• YOUR OBJECTIVE:
Copy verbatim the block of lines in the entries below whose first line contains "enqueued : Outbound → Act" and whose last line contains "act (chain_step refused". Leave out all other lines.

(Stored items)
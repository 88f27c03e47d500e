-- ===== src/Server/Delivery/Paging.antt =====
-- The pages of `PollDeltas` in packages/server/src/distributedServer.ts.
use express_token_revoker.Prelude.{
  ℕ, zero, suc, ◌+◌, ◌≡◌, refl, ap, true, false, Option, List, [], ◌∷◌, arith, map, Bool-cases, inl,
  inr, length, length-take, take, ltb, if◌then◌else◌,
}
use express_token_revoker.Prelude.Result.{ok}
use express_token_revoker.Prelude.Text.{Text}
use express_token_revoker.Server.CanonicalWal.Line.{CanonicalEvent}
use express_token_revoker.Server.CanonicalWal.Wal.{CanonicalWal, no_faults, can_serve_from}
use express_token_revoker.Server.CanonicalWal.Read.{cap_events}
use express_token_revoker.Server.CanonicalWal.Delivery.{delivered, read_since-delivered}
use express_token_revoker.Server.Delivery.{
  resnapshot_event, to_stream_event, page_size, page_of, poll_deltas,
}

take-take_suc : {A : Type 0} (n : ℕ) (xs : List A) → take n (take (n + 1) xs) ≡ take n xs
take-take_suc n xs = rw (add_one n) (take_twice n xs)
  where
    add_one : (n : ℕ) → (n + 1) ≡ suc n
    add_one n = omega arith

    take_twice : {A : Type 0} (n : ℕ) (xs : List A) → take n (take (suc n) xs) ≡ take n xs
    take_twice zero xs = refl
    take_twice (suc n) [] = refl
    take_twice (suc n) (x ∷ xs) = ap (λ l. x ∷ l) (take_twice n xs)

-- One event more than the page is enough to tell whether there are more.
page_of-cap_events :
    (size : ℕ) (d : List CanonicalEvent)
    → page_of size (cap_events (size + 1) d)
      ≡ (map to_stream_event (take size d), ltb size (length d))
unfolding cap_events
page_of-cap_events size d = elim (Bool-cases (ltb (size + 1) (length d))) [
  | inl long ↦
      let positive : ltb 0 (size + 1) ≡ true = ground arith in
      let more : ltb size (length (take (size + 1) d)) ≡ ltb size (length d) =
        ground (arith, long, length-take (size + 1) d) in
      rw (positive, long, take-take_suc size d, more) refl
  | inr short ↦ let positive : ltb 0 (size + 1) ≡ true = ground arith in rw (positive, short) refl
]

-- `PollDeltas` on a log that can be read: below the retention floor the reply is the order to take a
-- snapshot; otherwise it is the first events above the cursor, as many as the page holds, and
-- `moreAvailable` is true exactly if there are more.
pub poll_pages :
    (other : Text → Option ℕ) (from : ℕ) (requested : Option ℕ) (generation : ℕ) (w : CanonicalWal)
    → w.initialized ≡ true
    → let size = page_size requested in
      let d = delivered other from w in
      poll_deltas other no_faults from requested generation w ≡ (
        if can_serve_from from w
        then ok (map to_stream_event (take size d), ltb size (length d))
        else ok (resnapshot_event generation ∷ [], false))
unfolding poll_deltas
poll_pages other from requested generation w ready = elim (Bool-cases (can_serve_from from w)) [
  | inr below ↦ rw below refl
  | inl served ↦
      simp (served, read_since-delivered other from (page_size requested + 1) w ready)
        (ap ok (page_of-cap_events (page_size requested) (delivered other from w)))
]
...
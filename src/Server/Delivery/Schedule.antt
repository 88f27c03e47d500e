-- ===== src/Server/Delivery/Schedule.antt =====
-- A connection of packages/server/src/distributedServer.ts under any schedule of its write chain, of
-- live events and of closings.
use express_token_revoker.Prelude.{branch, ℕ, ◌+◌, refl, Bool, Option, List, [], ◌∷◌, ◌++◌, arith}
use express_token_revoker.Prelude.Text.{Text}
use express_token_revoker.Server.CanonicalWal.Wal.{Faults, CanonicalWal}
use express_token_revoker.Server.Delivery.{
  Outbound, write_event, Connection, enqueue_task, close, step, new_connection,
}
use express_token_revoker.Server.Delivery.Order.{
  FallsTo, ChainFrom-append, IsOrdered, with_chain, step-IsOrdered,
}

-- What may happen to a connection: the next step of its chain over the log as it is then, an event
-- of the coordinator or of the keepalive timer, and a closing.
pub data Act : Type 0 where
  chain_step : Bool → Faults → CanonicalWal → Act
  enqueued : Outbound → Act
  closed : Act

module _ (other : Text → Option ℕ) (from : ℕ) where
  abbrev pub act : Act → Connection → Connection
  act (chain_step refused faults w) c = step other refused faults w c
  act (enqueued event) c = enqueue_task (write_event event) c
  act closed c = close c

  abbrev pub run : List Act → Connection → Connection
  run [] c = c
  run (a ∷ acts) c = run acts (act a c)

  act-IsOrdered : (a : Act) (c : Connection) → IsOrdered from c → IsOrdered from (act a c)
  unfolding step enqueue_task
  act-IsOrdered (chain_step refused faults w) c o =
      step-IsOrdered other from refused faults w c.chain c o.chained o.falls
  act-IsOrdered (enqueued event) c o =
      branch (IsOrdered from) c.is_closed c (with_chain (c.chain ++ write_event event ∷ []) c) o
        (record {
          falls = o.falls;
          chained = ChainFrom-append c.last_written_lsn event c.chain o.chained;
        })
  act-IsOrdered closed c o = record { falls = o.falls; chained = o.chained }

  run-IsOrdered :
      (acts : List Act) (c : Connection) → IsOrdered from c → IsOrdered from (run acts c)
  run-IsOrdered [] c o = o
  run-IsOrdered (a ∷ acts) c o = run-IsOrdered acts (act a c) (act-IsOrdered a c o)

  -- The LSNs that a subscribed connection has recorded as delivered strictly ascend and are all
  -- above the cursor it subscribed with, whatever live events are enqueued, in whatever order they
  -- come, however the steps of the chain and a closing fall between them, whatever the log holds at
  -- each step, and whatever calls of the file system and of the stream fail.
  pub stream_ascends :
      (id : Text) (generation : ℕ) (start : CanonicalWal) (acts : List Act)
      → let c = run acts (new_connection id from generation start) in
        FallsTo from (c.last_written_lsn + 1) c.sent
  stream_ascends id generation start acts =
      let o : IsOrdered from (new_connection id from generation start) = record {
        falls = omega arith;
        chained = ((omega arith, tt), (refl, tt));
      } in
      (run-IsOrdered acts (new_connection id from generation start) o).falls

• EXERCISE ANSWER:
  enqueued : Outbound → Act
  closed : Act

module _ (other : Text → Option ℕ) (from : ℕ) where
  abbrev pub act : Act → Connection → Connection
  act (chain_step refused faults w) c = step other refused faults w c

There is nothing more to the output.